CLOCK | Podcast host discusses athletes using social media to speak out:
Jonathan Filipovic, a professor in the Faculty of Humanities and Social Sciences at Sheridan College in Oakville, Ontario, who has examined the role of sport in film and literature in some of his lectures, agrees that we are in the midst of an unprecedented situation Time when it comes to connecting with athletes.
“We know all about where the athletes came from and what they had to overcome,” he said. “It’s going to be a real challenge to dramatize that.”
But there’s more at play here than just social media, says Khanna. Technological advances have also changed the way we see and engage with sports. Khanna says we’re being shown real sporting events in a way that just hasn’t been seen in decades past.
“The way they’re broadcasting the games is so realistic that I feel like they’re actually leaning into filmmaking.”
Khanna says this can be seen in the current NHL playoffs, where the use of techniques like multiple camera angles and the involvement of drones make us feel closer than ever to the sport and its athletes.
This can also be found in Hurry. The film’s use of close-ups and humanizing real-life athletes through things like training sequences is what sets it apart, he adds.
But Filipovic says a saturation with content, albeit from social media, myriad streaming services, and even films from other genres, has made the themes and stories of sports films feel too familiar for audiences to care as much could take care of it, as it might have done in the past.
He says tropes that were once specific to sports film have been adopted by other genres.
CLOCK | Professor explains why sports film tropes are no longer unique:
“If you wanted the underdog story, you used to watch a sports movie, and now you can get that in many different contexts and in a much more popular package right now.”
He cites superhero movies—especially Marvel’s Guardians of the Galaxy and Captain Marvel — than to fill that niche today.
The interface between sport and culture
These developments have led to a blending of sport and culture in real life, says Filipovic. With greater access to these athletes, he said, “pop culture and sports kind of intersected.”
That left us with storylines to follow in real time, rather than just looking at fictionalized representations in a movie, Filipovic says.
“For a long time, athletes have been restricted…they do the sport, they do the advertising. And occasionally you might have someone in a movie, but that was really rare.”
Now athletes are increasingly appearing in films, says Filipovic, who points this out Hurry and another new Adam Sandler movie, Unpolished gemsstarring former NBA star Kevin Garnett.
HurryDozens of current and former NBA players are also represented here.
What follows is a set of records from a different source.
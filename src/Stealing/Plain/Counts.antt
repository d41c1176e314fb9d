-- ===== src/Stealing/Plain/Counts.antt =====
-- core/src/common/work_steal.rs: how many elements there are in all, before and after a step.
use mathlib.Core.Path.{subst}
use native.Mathlib.Nat.{mod-lt}
use open_coroutine.Prelude.{
  ℕ, zero, suc, ◌+◌, ◌%◌, ◌/◌, ◌<◌, ◌≡◌, refl, sym, ◌∙◌, ap, arith, Bool, false, Option, none, some,
  [], ◌∷◌, inl, inr, Bool-cases, Option-cases, length, get_elem?, ◌==◌,
}
use open_coroutine.Scheduler.Queues.{one_if, tally, tally-append}
use open_coroutine.Stealing.Parts.{Workers, Injectors}
use open_coroutine.Stealing.Parts.Contents.{list_cases, pop-items, push-items, steal-items}
use open_coroutine.Stealing.Ordered.{get_or, set_elem}
use open_coroutine.Stealing.Ordered.Weights.{
  sum_of, sum_of-set_elem, length-set_elem, get_or-set_elem_ne,
}
use open_coroutine.Stealing.Plain.{
  WorkStealQueue, LocalQueue, shared_push, shared_pop, own, set_own, local_len, can_steal,
  push_half, local_push, share, rob_all, pop_own,
}

-- The index of a local queue is one of the list.
abbrev pub InRange : {I W : Type 0} → LocalQueue → WorkStealQueue I W → Type 0
InRange l s = l.slot < length s.local_queues

module _ {T W I : Type 0} (𝓦 : Workers W T) (𝓘 : Injectors I T) (p : T → Bool) where
  abbrev pub in_worker : W → ℕ
  in_worker w = tally p (𝓦.items w)

  -- The number of elements that pass the test, in the shared queue and in all local ones.
  abbrev pub total : WorkStealQueue I W → ℕ
  total s = tally p (𝓘.items s.shared_queue) + sum_of in_worker s.local_queues

  abbrev pub of_taken : Option T → ℕ
  of_taken none = 0
  of_taken (some x) = one_if (p x)

  pub shared_push-total :
      (x : T) (s : WorkStealQueue I W) → total (shared_push 𝓦 𝓘 x s) ≡ one_if (p x) + total s
  unfolding shared_push
  shared_push-total x s = omega (
    arith,
    ap (tally p) (𝓘.items-push x s.shared_queue),
    tally-append p (𝓘.items s.shared_queue) (x ∷ []),
  )

  -- The result of a pop from `s`: what it takes is all that is missing, and no local queue is added.
  abbrev pub IsTaken : WorkStealQueue I W → Option T × WorkStealQueue I W → Type 0
  IsTaken s r =
      (total s ≡ of_taken r.0 + total r.1) × (length r.1.local_queues ≡ length s.local_queues)

  pub shared_pop-IsTaken : (s : WorkStealQueue I W) → IsTaken s (shared_pop 𝓦 𝓘 s)
  unfolding shared_pop
  shared_pop-IsTaken s = elim (Option-cases (𝓘.steal s.shared_queue)) [
    | inl e ↦ ground (arith, e)
    | inr ((x, i), e) ↦
        let items = ap (tally p) (steal-items 𝓘 s.shared_queue i x e) in ground (arith, e, items)
  ]

  set_own-total :
      (l : LocalQueue) (w : W) (s : WorkStealQueue I W)
      → InRange l s
      → total (set_own 𝓦 𝓘 l w s) + in_worker (own 𝓦 𝓘 l s) ≡ in_worker w + total s
  set_own-total l w s h =
      omega (arith, sum_of-set_elem in_worker l.slot w (𝓦.new 0) s.local_queues h)

  pub pop_own-IsTaken :
      (l : LocalQueue) (s : WorkStealQueue I W) → InRange l s → IsTaken s (pop_own 𝓦 𝓘 l s)
  unfolding pop_own
  pop_own-IsTaken l s h = elim (Option-cases (𝓦.pop (own 𝓦 𝓘 l s))) [
    | inl e ↦ ground (arith, e)
    | inr ((x, w), e) ↦
        let items = ap (tally p) (pop-items 𝓦 (own 𝓦 𝓘 l s) w x e) in
        let set = set_own-total l w s h in
        let n = length-set_elem l.slot w s.local_queues in
        rw (e, pop_own) (omega (arith, items, set), n)
  ]

  -- The loop of a push moves elements from the worker `w` to the shared queue.
  push_half-total :
      (n : ℕ) (w : W) (s : WorkStealQueue I W)
      → let r = push_half 𝓦 𝓘 n w s in
        (in_worker r.0 + total r.1 ≡ in_worker w + total s) × (r.1.local_queues ≡ s.local_queues)
  unfolding push_half shared_push
  push_half-total zero w s = (refl, refl)
  push_half-total (suc n) w s = elim (Option-cases (𝓦.pop w)) [
    | inl e ↦ rw (e, push_half) (push_half-total n w s)
    | inr ((x, w'), e) ↦
        let items = ap (tally p) (pop-items 𝓦 w w' x e) in
        let (t, q) = push_half-total n w' (shared_push 𝓦 𝓘 x s) in
        rw (e, push_half) (omega (arith, t, items, shared_push-total x s), q)
  ]

  -- A push to a local queue adds just the element pushed.
  pub local_push-total :
      (x : T) (l : LocalQueue) (s : WorkStealQueue I W)
      → InRange l s
      → let s' = local_push 𝓦 𝓘 x l s in
        (total s' ≡ one_if (p x) + total s) × (length s'.local_queues ≡ length s.local_queues)
  unfolding local_push shared_push
  local_push-total x l s h =
      let w = own 𝓦 𝓘 l s in
      elim (Option-cases (𝓦.push x w)) [
        | inr (w', e) ↦
            let more = push-items 𝓦 p w w' x e in
            rw (e, local_push)
              (
                omega (arith, more, set_own-total l w' s h),
                length-set_elem l.slot w' s.local_queues,
              )
        | inl e ↦
            let r = push_half 𝓦 𝓘 (local_len 𝓦 𝓘 w / 2) w s in
            let (t, q) = push_half-total (local_len 𝓦 𝓘 w / 2) w s in
            let h' : InRange l r.1 = subst (λ ws. l.slot < length ws) (sym q) h in
            let same : in_worker (own 𝓦 𝓘 l r.1) ≡ in_worker w =
              ap (λ ws. in_worker (get_or (𝓦.new 0) (get_elem? ws l.slot))) q in
            let set = set_own-total l r.0 r.1 h' in
            let pushed = shared_push-total x (set_own 𝓦 𝓘 l r.0 r.1) in
            rw (e, local_push)
              (
                omega (arith, t, same, set, pushed),
                length-set_elem l.slot r.0 r.1.local_queues ∙ ap length q,
              )
      ]

  -- The booty goes from the worker at the index `j` to the own one.
  seized-total :
      (f : ℕ → ℕ) (j : ℕ) (l : LocalQueue) (s : WorkStealQueue I W) (v w : W)
      → InRange l s
      → j < length s.local_queues
      → (l.slot == j) ≡ false
      → 𝓦.steal f (get_or (𝓦.new 0) (get_elem? s.local_queues j)) (own 𝓦 𝓘 l s) ≡ some (v, w)
      → let s1 = record s { local_queues = set_elem j v s.local_queues } in
        (total (set_own 𝓦 𝓘 l w s1) ≡ total s)
        × (length (set_own 𝓦 𝓘 l w s1).local_queues ≡ length s.local_queues)
  seized-total f j l s v w h a d e =
      let another = get_or (𝓦.new 0) (get_elem? s.local_queues j) in
      let mine = own 𝓦 𝓘 l s in
      let (taken, b, c, z, n, x, y) = 𝓦.steal-moves f another mine v w e in
      let lost = ap (tally p) b ∙ tally-append p taken (𝓦.items v) in
      let won = ap (tally p) c ∙ tally-append p (𝓦.items mine) taken in
      let s1 = record s { local_queues = set_elem j v s.local_queues } in
      let n1 = length-set_elem j v s.local_queues in
      let same = ap in_worker (get_or-set_elem_ne l.slot j v (𝓦.new 0) s.local_queues d) in
      let robbed = sum_of-set_elem in_worker j v (𝓦.new 0) s.local_queues a in
      let set = set_own-total l w s1 (subst (λ k. l.slot < k) (sym n1) h) in
      (omega (arith, lost, won, same, robbed, set), length-set_elem l.slot w s1.local_queues ∙ n1)

  -- Where the own queue is empty, a theft moves elements and loses none.
  pub rob_all-total :
      (n i : ℕ) (l : LocalQueue) (s s' : WorkStealQueue I W)
      → InRange l s
      → 𝓦.items (own 𝓦 𝓘 l s) ≡ []
      → rob_all 𝓦 𝓘 n i l s ≡ some s'
      → (total s' ≡ total s) × (length s'.local_queues ≡ length s.local_queues)
  unfolding rob_all
  rob_all-total zero i l s s' h g e = absurd (ground (arith, e))
  rob_all-total (suc n) i l s s' h g e =
      let j = i % length s.local_queues in
      let another = get_or (𝓦.new 0) (get_elem? s.local_queues j) in
      let mine = own 𝓦 𝓘 l s in
      let rest = rob_all-total n (i + 1) l s s' h g in
      elim (Bool-cases (can_steal 𝓦 𝓘 mine)) [
        | inr c ↦ absurd (ground (arith, c, e))
        | inl c ↦ elim (list_cases (𝓦.items another)) [
          | inl a ↦ rest (ground (arith, c, a, e))
          | inr (x, xs, a) ↦ elim (Option-cases (𝓦.steal (share 𝓦 𝓘 mine another) another mine)) [
            | inl f ↦ rest (ground (arith, c, a, f, e))
            | inr ((v, w), f) ↦
                let apart : (l.slot == j) ≡ false = elim (Bool-cases (l.slot == j)) [
                  | inr d ↦ d
                  | inl d ↦ absurd (ground (arith, d, a, g))
                ] in
                let s1 = record s { local_queues = set_elem j v s.local_queues } in
                let won : some (set_own 𝓦 𝓘 l w s1) ≡ some s' = ground (arith, c, a, f, e) in
                let (t, k) =
                  seized-total (share 𝓦 𝓘 mine another) j l s v w h (mod-lt i (omega (arith, h)))
                    apart f in
                let at = ap (get_or s) won in
                (ap total (sym at) ∙ t, ap (λ r. length r.local_queues) (sym at) ∙ k)
          ]
        ]
      ]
Some play themselves, while others appear as fictional characters.
Khanna says the way these stories are told will likely continue to change — and we’re already seeing that happen.
That Teddy Lasso playbook?
When it comes to sports storytelling, Khanna says studios likely look to trends to decide what to put out. He points to the success of the streaming hit Apple TV+ Teddy Lasso.
The series follows the story of an American football coach who is hired to coach an English football team despite knowing nothing about the sport. He uses his unrelenting optimism to try to make up for his lack of knowledge.
“It’s a great example of telling a story around a sport, but really it’s about relationships,” Khanna said.
Schultz Nicholson also believes streaming services will release more sports-related content in the future. She says these services have the opportunity to connect with audiences that have been less active in recent years due to the COVID-19 pandemic.
“COVID has [led to] Kids aren’t physical anymore and I think we need to get them to be physical again and sport is one way to do that.
Given all these factors, is there still a demand for sports stories?
Khanna says yes, while the formula as we know it might change, the demand for sports movies will always be there.
“They refer to her [athletes] by their skills and how they persevere,” he said.
“If movies can continue to find the human element… I think they’re going to do well.”